- **PROBLEM DESCRIPTION**:
Extract all data as written.

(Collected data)
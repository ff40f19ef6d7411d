-- ===== src/Core/CommunityContent.antt =====
-- apps/core/community_content.py: the title, the body and the excerpt of a post, and the wiki pages
-- that it links to. `is_word` says which characters Python's `\w` stands for.
pub mod Excerpt
pub mod Links
pub mod Images
mod Tests
use hivewiki_web.Base.{
  ℕ, zero, suc, ◌+◌, ◌-◌, Bool, true, false, ◌&&◌, ◌||◌, Option, none, some, List, [], ◌∷◌, ◌++◌,
  ◌==◌, leb, if◌then◌else◌, length, take, any_of,
}
use hivewiki_web.Base.Text.{
  Text, codes, is_empty, is_space, text_eq, strip, lstrip, rstrip, splitlines, join_lines,
}
use hivewiki_web.Core.WikiMarkdown.{pop_blank}
use hivewiki_web.Core.WikiMarkdown.Regex.{match_heading, match_link, match_code, sub_matches}

-- `re.sub(r"[…]+", " ", text)`: each maximal run of the class becomes one space. The flag says that the
-- character before belongs to a run.
unfoldable pub collapse : (ℕ → Bool) → Bool → Text → Text
collapse in_class inside [] = []
collapse in_class inside (c ∷ s) =
    let rest = collapse in_class (in_class c) s in
    if in_class c then (if inside then rest else b' ' ∷ rest) else c ∷ rest

-- MARKDOWN_DECORATION_RE
unfoldable pub is_decoration : ℕ → Bool
is_decoration c = c == b'*' || c == b'_' || c == b'~' || c == b'>' || c == b'#' || c == b'-'

unfoldable pub plain_text : Text → Text
unfolding collapse is_decoration
plain_text value =
    let links = sub_matches match_link (length value) value in
    let text = collapse is_decoration false (sub_matches match_code (length links) links) in
    strip (collapse is_space false text)

unfoldable pub normalize_line : Text → Text
unfolding collapse
normalize_line value = collapse is_space false (strip value)

-- What follows the first line that is not blank: the stripped line, the lines behind it, the match.
unfoldable pub title_and_body : Text → Text → List Text → Option (Text × Text) → Text × Text
unfolding plain_text normalize_line
title_and_body content line rest none = (normalize_line (plain_text line), strip content)
title_and_body content line rest (some (hashes, raw)) =
    if length hashes == 1
    then (plain_text raw, strip (join_lines (pop_blank rest)))
    else (normalize_line (plain_text line), strip content)

-- The lines from the first one that is not blank.
abbrev pub title_and_body_of : Text → List Text → Text × Text
title_and_body_of content [] = ([], [])
title_and_body_of content (l ∷ ls) = title_and_body content (strip l) ls (match_heading (strip l))

unfoldable pub extract_post_title_and_body : Text → Text × Text
unfolding title_and_body
extract_post_title_and_body content =
    if is_empty content
    then ([], [])
    else title_and_body_of content (pop_blank (splitlines content))

-- `a or b`
abbrev pub or_text : Text → Text → Text
or_text [] s = s
or_text (c ∷ t) s = c ∷ t

unfoldable pub strip_post_leading_title : Text → Text
unfolding extract_post_title_and_body
strip_post_leading_title content = or_text (extract_post_title_and_body content).1 (strip content)

-- The plain text if it fits, and a prefix with an ellipsis otherwise. `max_length` is positive.
unfoldable pub excerpt_of : ℕ → Text → Text
excerpt_of max_length plain =
    if leb (length plain) max_length
    then plain
    else rstrip (take (max_length - 1) plain) ++ codes "…"

-- The title, the body to show and the excerpt.
unfoldable pub extract_post_render_parts : ℕ → Text → Text × Text × Text
unfolding extract_post_title_and_body excerpt_of
extract_post_render_parts max_length content =
    let (title, body) = extract_post_title_and_body content in
    let display_body = or_text body (strip content) in
    (title, display_body, excerpt_of max_length (normalize_line (plain_text display_body)))

unfoldable pub build_post_excerpt : ℕ → Text → Text
build_post_excerpt max_length content = (extract_post_render_parts max_length content).2

-- What is behind a literal at the front of a text.
abbrev pub after_literal : Text → Text → Option Text
after_literal [] s = some s
after_literal (c ∷ l) [] = none
after_literal (c ∷ l) (d ∷ s) = let rest = after_literal l s in if c == d then rest else none

module _ (is_word : ℕ → Bool) where
  -- `[-\w]*`, as long as it goes, and the rest.
  abbrev pub span_slug : Text → Text × Text
  span_slug [] = ([], [])
  span_slug (c ∷ s) =
      let (a, b) = span_slug s in if c == b'-' || is_word c then (c ∷ a, b) else ([], c ∷ s)

  abbrev pub close_slug : Text × Text → Option (Text × Text)
  close_slug ([], s) = none
  close_slug (c ∷ a, []) = none
  close_slug (c ∷ a, d ∷ s) = if d == b'/' then some (c ∷ a, s) else none

  -- WIKI_LINK_RE at a position: the slug, and the text behind the match.
  unfoldable pub match_wiki_link : Text → Option (Text × Text)
  match_wiki_link s = elim (after_literal (codes "/wiki/") s) [
    | none ↦ none
    | some rest ↦ close_slug (span_slug rest)
  ]

  -- `WIKI_LINK_RE.finditer`: the slugs of the matches from the left. Each round takes a character at
  -- least.
  unfoldable pub wiki_links : ℕ → Text → List Text
  unfolding match_wiki_link
  wiki_links zero s = []
  wiki_links (suc fuel) [] = []
  wiki_links (suc fuel) (c ∷ s) = elim (match_wiki_link (c ∷ s)) [
    | none ↦ wiki_links fuel s
    | some (slug, rest) ↦ slug ∷ wiki_links fuel rest
  ]

  -- The loop over the matches; `seen_slugs` has the elements of `ordered_slugs`.
  unfoldable pub first_occurrences : List Text → List Text → List Text
  first_occurrences ordered [] = ordered
  first_occurrences ordered (slug ∷ slugs) =
      first_occurrences (if any_of (text_eq slug) ordered then ordered else ordered ++ slug ∷ [])
        slugs

  unfoldable pub extract_linked_wiki_slugs : Text → List Text
  unfolding wiki_links first_occurrences
  extract_linked_wiki_slugs content = first_occurrences [] (wiki_links (length content) content)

- **RESULT**:
repository ff40f19ef6d7411d
-- ===== src/Core/CommunityContent.antt =====
-- apps/core/community_content.py: the title, the body and the excerpt of a post, and the wiki pages
-- that it links to. `is_word` says which characters Python's `\w` stands for.
pub mod Excerpt
pub mod Links
pub mod Images
mod Tests
use hivewiki_web.Base.{
  ℕ, zero, suc, ◌+◌, ◌-◌, Bool, true, false, ◌&&◌, ◌||◌, Option, none, some, List, [], ◌∷◌, ◌++◌,
  ◌==◌, leb, if◌then◌else◌, length, take, any_of,
}
use hivewiki_web.Base.Text.{
  Text, codes, is_empty, is_space, text_eq, strip, lstrip, rstrip, splitlines, join_lines,
}
use hivewiki_web.Core.WikiMarkdown.{pop_blank}
use hivewiki_web.Core.WikiMarkdown.Regex.{match_heading, match_link, match_code, sub_matches}

-- `re.sub(r"[…]+", " ", text)`: each maximal run of the class becomes one space. The flag says that the
-- character before belongs to a run.
unfoldable pub collapse : (ℕ → Bool) → Bool → Text → Text
collapse in_class inside [] = []
collapse in_class inside (c ∷ s) =
    let rest = collapse in_class (in_class c) s in
    if in_class c then (if inside then rest else b' ' ∷ rest) else c ∷ rest

-- MARKDOWN_DECORATION_RE
unfoldable pub is_decoration : ℕ → Bool
is_decoration c = c == b'*' || c == b'_' || c == b'~' || c == b'>' || c == b'#' || c == b'-'

unfoldable pub plain_text : Text → Text
unfolding collapse is_decoration
plain_text value =
    let links = sub_matches match_link (length value) value in
    let text = collapse is_decoration false (sub_matches match_code (length links) links) in
    strip (collapse is_space false text)

unfoldable pub normalize_line : Text → Text
unfolding collapse
normalize_line value = collapse is_space false (strip value)

-- What follows the first line that is not blank: the stripped line, the lines behind it, the match.
unfoldable pub title_and_body : Text → Text → List Text → Option (Text × Text) → Text × Text
unfolding plain_text normalize_line
title_and_body content line rest none = (normalize_line (plain_text line), strip content)
title_and_body content line rest (some (hashes, raw)) =
    if length hashes == 1
    then (plain_text raw, strip (join_lines (pop_blank rest)))
    else (normalize_line (plain_text line), strip content)

-- The lines from the first one that is not blank.
abbrev pub title_and_body_of : Text → List Text → Text × Text
title_and_body_of content [] = ([], [])
title_and_body_of content (l ∷ ls) = title_and_body content (strip l) ls (match_heading (strip l))

unfoldable pub extract_post_title_and_body : Text → Text × Text
unfolding title_and_body
extract_post_title_and_body content =
    if is_empty content
    then ([], [])
    else title_and_body_of content (pop_blank (splitlines content))

-- `a or b`
abbrev pub or_text : Text → Text → Text
or_text [] s = s
or_text (c ∷ t) s = c ∷ t

unfoldable pub strip_post_leading_title : Text → Text
unfolding extract_post_title_and_body
strip_post_leading_title content = or_text (extract_post_title_and_body content).1 (strip content)

-- The plain text if it fits, and a prefix with an ellipsis otherwise. `max_length` is positive.
unfoldable pub excerpt_of : ℕ → Text → Text
excerpt_of max_length plain =
    if leb (length plain) max_length
    then plain
    else rstrip (take (max_length - 1) plain) ++ codes "…"

-- The title, the body to show and the excerpt.
unfoldable pub extract_post_render_parts : ℕ → Text → Text × Text × Text
unfolding extract_post_title_and_body excerpt_of
extract_post_render_parts max_length content =
    let (title, body) = extract_post_title_and_body content in
    let display_body = or_text body (strip content) in
    (title, display_body, excerpt_of max_length (normalize_line (plain_text display_body)))

unfoldable pub build_post_excerpt : ℕ → Text → Text
build_post_excerpt max_length content = (extract_post_render_parts max_length content).2

-- What is behind a literal at the front of a text.
abbrev pub after_literal : Text → Text → Option Text
after_literal [] s = some s
after_literal (c ∷ l) [] = none
after_literal (c ∷ l) (d ∷ s) = let rest = after_literal l s in if c == d then rest else none

module _ (is_word : ℕ → Bool) where
  -- `[-\w]*`, as long as it goes, and the rest.
  abbrev pub span_slug : Text → Text × Text
  span_slug [] = ([], [])
  span_slug (c ∷ s) =
      let (a, b) = span_slug s in if c == b'-' || is_word c then (c ∷ a, b) else ([], c ∷ s)

  abbrev pub close_slug : Text × Text → Option (Text × Text)
  close_slug ([], s) = none
  close_slug (c ∷ a, []) = none
  close_slug (c ∷ a, d ∷ s) = if d == b'/' then some (c ∷ a, s) else none

  -- WIKI_LINK_RE at a position: the slug, and the text behind the match.
  unfoldable pub match_wiki_link : Text → Option (Text × Text)
  match_wiki_link s = elim (after_literal (codes "/wiki/") s) [
    | none ↦ none
    | some rest ↦ close_slug (span_slug rest)
  ]

  -- `WIKI_LINK_RE.finditer`: the slugs of the matches from the left. Each round takes a character at
  -- least.
  unfoldable pub wiki_links : ℕ → Text → List Text
  unfolding match_wiki_link
  wiki_links zero s = []
  wiki_links (suc fuel) [] = []
  wiki_links (suc fuel) (c ∷ s) = elim (match_wiki_link (c ∷ s)) [
    | none ↦ wiki_links fuel s
    | some (slug, rest) ↦ slug ∷ wiki_links fuel rest
  ]

  -- The loop over the matches; `seen_slugs` has the elements of `ordered_slugs`.
  unfoldable pub first_occurrences : List Text → List Text → List Text
  first_occurrences ordered [] = ordered
  first_occurrences ordered (slug ∷ slugs) =
      first_occurrences (if any_of (text_eq slug) ordered then ordered else ordered ++ slug ∷ [])
        slugs

  unfoldable pub extract_linked_wiki_slugs : Text → List Text
  unfolding wiki_links first_occurrences
  extract_linked_wiki_slugs content = first_occurrences [] (wiki_links (length content) content)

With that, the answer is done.